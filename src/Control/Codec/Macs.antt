-- ===== src/Control/Codec/Macs.antt =====
-- MAC addresses: what the pattern accepts is encoded to six bytes, and printing is undone by
-- encoding.
use p4net.Base.{
  ℕ, zero, suc, ◌+◌, ◌-◌, ◌*◌, ◌/◌, ◌%◌, ◌≤◌, ◌<◌, ◌≡◌, refl, ap, sym, ◌∙◌, inl, inr, true, false,
  some, List, [], ◌∷◌, map, arith, leb, length, All, Bool-cases, pos, if◌then◌else◌, ok, >>=-eq-ok,
  ok_inj,
}
use p4net.Base.Text.{Text, split, join, is_space, codes}
use p4net.Builtins.Bytes.{IsByte}
use p4net.Builtins.IntText.{parse_int, strip, digit_value, parse_hex_pair}
use p4net.Control.Codec.Canonical.{padded, padded-IsByte, padded_size, zero_extend-ok}
use p4net.Control.Codec.{
  bytes, is_hex, mac_groups, mac_re, hex_bytes, encode_mac, decode_mac, hex_char, hex2, zero_extend,
}

-- The value of a hexadecimal digit.
abbrev pub hex_val : ℕ → ℕ
hex_val c = if leb c b'9' then c - 48 else if leb c b'F' then c - 55 else c - 87

hex_digit_value : (c : ℕ) → is_hex c ≡ true → digit_value 16 c ≡ some (hex_val c)
unfolding digit_value
hex_digit_value c h = ground arith

hex_val-lt : (c : ℕ) → is_hex c ≡ true → hex_val c < 16
hex_val-lt c h = ground arith

hex_not_space : (c : ℕ) → is_hex c ≡ true → is_space c ≡ false
hex_not_space c h = ground arith

module _ (c d : ℕ) (hc : is_hex c ≡ true) (hd : is_hex d ≡ true) where
  strip_pair : strip (c ∷ d ∷ []) ≡ c ∷ d ∷ []
  unfolding strip
  strip_pair = simp (hex_not_space c hc, hex_not_space d hd)

  strip_newline : strip (c ∷ d ∷ 10 ∷ []) ≡ c ∷ d ∷ []
  unfolding strip
  strip_newline = simp (hex_not_space c hc, hex_not_space d hd)

  parse_stripped :
      (s : Text) → strip s ≡ c ∷ d ∷ [] → parse_int 16 s ≡ some (pos (hex_val c * 16 + hex_val d))
  parse_stripped s e =
      parse_hex_pair s c d (hex_val c) (hex_val d) e (hex_digit_value c hc) (hex_digit_value d hd)
        (ground arith, ground arith, ground arith, ground arith, ground arith, ground arith)

  -- One group of the pattern, and the last one with the newline that `$` lets pass.
  hex_bytes_group :
      (ts : List Text) (ns : List ℕ)
      → hex_bytes ts ≡ some ns
      → hex_bytes ((c ∷ d ∷ []) ∷ ts) ≡ some ((hex_val c * 16 + hex_val d) ∷ ns)
  unfolding hex_bytes
  hex_bytes_group ts ns e = rw (parse_stripped (c ∷ d ∷ []) strip_pair, hex_bytes, e)

  hex_bytes_newline : hex_bytes ((c ∷ d ∷ 10 ∷ []) ∷ []) ≡ some ((hex_val c * 16 + hex_val d) ∷ [])
  unfolding hex_bytes
  hex_bytes_newline = rw (parse_stripped (c ∷ d ∷ 10 ∷ []) strip_newline, hex_bytes)

  split_pair : split b':' (c ∷ d ∷ []) ≡ (c ∷ d ∷ []) ∷ []
  unfolding split
  split_pair = ground arith

  split_newline : split b':' (c ∷ d ∷ 10 ∷ []) ≡ (c ∷ d ∷ 10 ∷ []) ∷ []
  unfolding split
  split_newline = ground arith

  split_group : (s : Text) → split b':' (c ∷ d ∷ b':' ∷ s) ≡ (c ∷ d ∷ []) ∷ split b':' s
  unfolding split
  split_group s = ground arith

-- The text splits into `suc k` parts, each of them the hexadecimal digits of a byte.
abbrev IsParsed : ℕ → Text → Type 0
IsParsed k s =
    (ns : List ℕ) × (hex_bytes (split b':' s) ≡ some ns) × (length ns ≡ suc k) × All IsByte ns

module _ (c d : ℕ) (hc : is_hex c ≡ true) (hd : is_hex d ≡ true) where
  pair-IsByte : IsByte (hex_val c * 16 + hex_val d)
  pair-IsByte = omega (arith, hex_val-lt c hc, hex_val-lt d hd)

  pair-IsParsed : IsParsed zero (c ∷ d ∷ [])
  pair-IsParsed = (
    (hex_val c * 16 + hex_val d) ∷ [],
    rw (split_pair c d hc hd) (hex_bytes_group c d hc hd [] [] (unfold hex_bytes in refl)),
    refl,
    (pair-IsByte, tt),
  )

  newline-IsParsed : (e : ℕ) → e ≡ 10 → IsParsed zero (c ∷ d ∷ e ∷ [])
  newline-IsParsed e newline = (
    (hex_val c * 16 + hex_val d) ∷ [],
    rw (newline, split_newline c d hc hd) (hex_bytes_newline c d hc hd),
    refl,
    (pair-IsByte, tt),
  )

  group-IsParsed : (k e : ℕ) (s : Text) → e ≡ b':' → IsParsed k s → IsParsed (suc k) (c ∷ d ∷ e ∷ s)
  group-IsParsed k e s colon (ns, parsed, size, small) = (
    (hex_val c * 16 + hex_val d) ∷ ns,
    rw (colon, split_group c d hc hd s) (hex_bytes_group c d hc hd _ ns parsed),
    ap suc size,
    (pair-IsByte, small),
  )

mac_groups-IsParsed : (k : ℕ) (s : Text) → mac_groups k s ≡ true → IsParsed k s
unfolding mac_groups
mac_groups-IsParsed zero [] h = cc
mac_groups-IsParsed zero (c ∷ []) h = cc
mac_groups-IsParsed zero (c ∷ d ∷ []) h = pair-IsParsed c d (ground arith) (ground arith)
mac_groups-IsParsed zero (c ∷ d ∷ e ∷ []) h =
    newline-IsParsed c d (ground arith) (ground arith) e (ground arith)
mac_groups-IsParsed zero (c ∷ d ∷ e ∷ f ∷ s) h = cc
mac_groups-IsParsed (suc k) [] h = cc
mac_groups-IsParsed (suc k) (c ∷ []) h = cc
mac_groups-IsParsed (suc k) (c ∷ d ∷ []) h = cc
mac_groups-IsParsed (suc k) (c ∷ d ∷ e ∷ s) h =
    group-IsParsed c d (ground arith) (ground arith) k e s (ground arith)
      (mac_groups-IsParsed k s (ground arith))

-- Every text that the pattern accepts is encoded, to exactly six bytes.
pub encode_mac_total :
    (s : Text)
    → mac_re s ≡ true
    → (bs : List ℕ) × (encode_mac s ≡ ok bs) × (length bs ≡ 6) × All IsByte bs
unfolding encode_mac
encode_mac_total s h =
    let (bs, parsed, size, small) = mac_groups-IsParsed 5 s h in (bs, rw (h, parsed), size, small)

pub encode_mac_bytes :
    (s : Text) (bs : List ℕ) → encode_mac s ≡ ok bs → (length bs ≡ 6) × All IsByte bs
unfolding encode_mac
encode_mac_bytes s bs e = elim (Bool-cases (mac_re s)) [
  | inl h ↦
      let (ns, parsed, size, small) = mac_groups-IsParsed 5 s h in
      let same : ns ≡ bs = ground arith in rw (← same) (size, small)
  | inr h ↦ ground arith
]

hex_char_hex : (d : ℕ) → d < 16 → (is_hex (hex_char d) ≡ true) × (hex_val (hex_char d) ≡ d)
hex_char_hex d h = (ground arith, ground arith)

module _ (n : ℕ) (small : IsByte n) where
  high_is_hex : is_hex (hex_char (n / 16)) ≡ true
  high_is_hex = (hex_char_hex (n / 16) (omega arith)).0

  low_is_hex : is_hex (hex_char (n % 16)) ≡ true
  low_is_hex = (hex_char_hex (n % 16) (omega arith)).0

  hex2_value : hex_val (hex_char (n / 16)) * 16 + hex_val (hex_char (n % 16)) ≡ n
  hex2_value =
      omega
        (arith, (hex_char_hex (n / 16) (omega arith)).1, (hex_char_hex (n % 16) (omega arith)).1)

  hex_bytes-hex2 :
      (ts : List Text) (ns : List ℕ)
      → hex_bytes ts ≡ some ns
      → hex_bytes (hex2 n ∷ ts) ≡ some (n ∷ ns)
  hex_bytes-hex2 ts ns e =
      hex_bytes_group _ _ high_is_hex low_is_hex ts ns e ∙ ap (λ v. some (v ∷ ns)) hex2_value

-- The printed form of a non-empty run of bytes is accepted, and parses back.
printed :
    (k : ℕ) (ns : List ℕ)
    → length ns ≡ suc k
    → All IsByte ns
    → (mac_groups k (join (codes ":") (map hex2 ns)) ≡ true)
      × (hex_bytes (split b':' (join (codes ":") (map hex2 ns))) ≡ some ns)
unfolding mac_groups join
printed k [] size small = absurd (omega arith)
printed zero (n ∷ []) size (b, _) = (
  rw (high_is_hex n b, low_is_hex n b),
  rw (split_pair _ _ (high_is_hex n b) (low_is_hex n b))
      (hex_bytes-hex2 n b [] [] (unfold hex_bytes in refl)),
)
printed zero (n ∷ m ∷ ns) size small = absurd (omega arith)
printed (suc k) (n ∷ []) size small = absurd (omega arith)
printed (suc k) (n ∷ m ∷ ns) size (b, small) =
    let (matched, parsed) = printed k (m ∷ ns) (omega arith) small in
    (
      rw (high_is_hex n b, low_is_hex n b) matched,
      rw (split_group _ _ (high_is_hex n b) (low_is_hex n b) (join (codes ":") (map hex2 (m ∷ ns))))
          (hex_bytes-hex2 n b _ (m ∷ ns) parsed),
    )

-- Printing a byte string of at most six bytes as a MAC address and encoding the text gives the
-- six bytes back: the same bytes, padded on the high side.
pub encode_mac-decode_mac :
    (bs : List ℕ) (s : Text)
    → All IsByte bs
    → decode_mac (bytes bs) ≡ ok s
    → (length bs ≤ 6) × (encode_mac s ≡ ok (padded bs 48))
unfolding decode_mac encode_mac
encode_mac-decode_mac bs s digits e =
    let (out, extended, printed_out) = >>=-eq-ok (zero_extend bs 48) _ e in
    let (short, same) = zero_extend-ok bs out 48 extended in
    let (matched, parsed) =
      printed 5 (padded bs 48) (padded_size bs 48 short) (padded-IsByte bs 48 digits) in
    let text : join (codes ":") (map hex2 (padded bs 48)) ≡ s =
      ap (λ ns. join (codes ":") (map hex2 ns)) (sym same) ∙ ok_inj printed_out in
    (short, rw (← text) (rw (matched, parsed)))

******

» AIM OF THE EXERCISE
Looking at the data above, write out exactly the lines that start at the one containing "rw (colon, split_group" and end at the one containing "hex_char_hex : (d"; include both and nothing beyond.

» RESPONSE TO THE TASK
    rw (colon, split_group c d hc hd s) (hex_bytes_group c d hc hd _ ns parsed),
    ap suc size,
    (pair-IsByte, small),
  )

mac_groups-IsParsed : (k : ℕ) (s : Text) → mac_groups k s ≡ true → IsParsed k s
unfolding mac_groups
mac_groups-IsParsed zero [] h = cc
mac_groups-IsParsed zero (c ∷ []) h = cc
mac_groups-IsParsed zero (c ∷ d ∷ []) h = pair-IsParsed c d (ground arith) (ground arith)
mac_groups-IsParsed zero (c ∷ d ∷ e ∷ []) h =
    newline-IsParsed c d (ground arith) (ground arith) e (ground arith)
mac_groups-IsParsed zero (c ∷ d ∷ e ∷ f ∷ s) h = cc
mac_groups-IsParsed (suc k) [] h = cc
mac_groups-IsParsed (suc k) (c ∷ []) h = cc
mac_groups-IsParsed (suc k) (c ∷ d ∷ []) h = cc
mac_groups-IsParsed (suc k) (c ∷ d ∷ e ∷ s) h =
    group-IsParsed c d (ground arith) (ground arith) k e s (ground arith)
      (mac_groups-IsParsed k s (ground arith))

-- Every text that the pattern accepts is encoded, to exactly six bytes.
pub encode_mac_total :
    (s : Text)
    → mac_re s ≡ true
    → (bs : List ℕ) × (encode_mac s ≡ ok bs) × (length bs ≡ 6) × All IsByte bs
unfolding encode_mac
encode_mac_total s h =
    let (bs, parsed, size, small) = mac_groups-IsParsed 5 s h in (bs, rw (h, parsed), size, small)

pub encode_mac_bytes :
    (s : Text) (bs : List ℕ) → encode_mac s ≡ ok bs → (length bs ≡ 6) × All IsByte bs
unfolding encode_mac
encode_mac_bytes s bs e = elim (Bool-cases (mac_re s)) [
  | inl h ↦
      let (ns, parsed, size, small) = mac_groups-IsParsed 5 s h in
      let same : ns ≡ bs = ground arith in rw (← same) (size, small)
  | inr h ↦ ground arith
]

hex_char_hex : (d : ℕ) → d < 16 → (is_hex (hex_char d) ≡ true) × (hex_val (hex_char d) ≡ d)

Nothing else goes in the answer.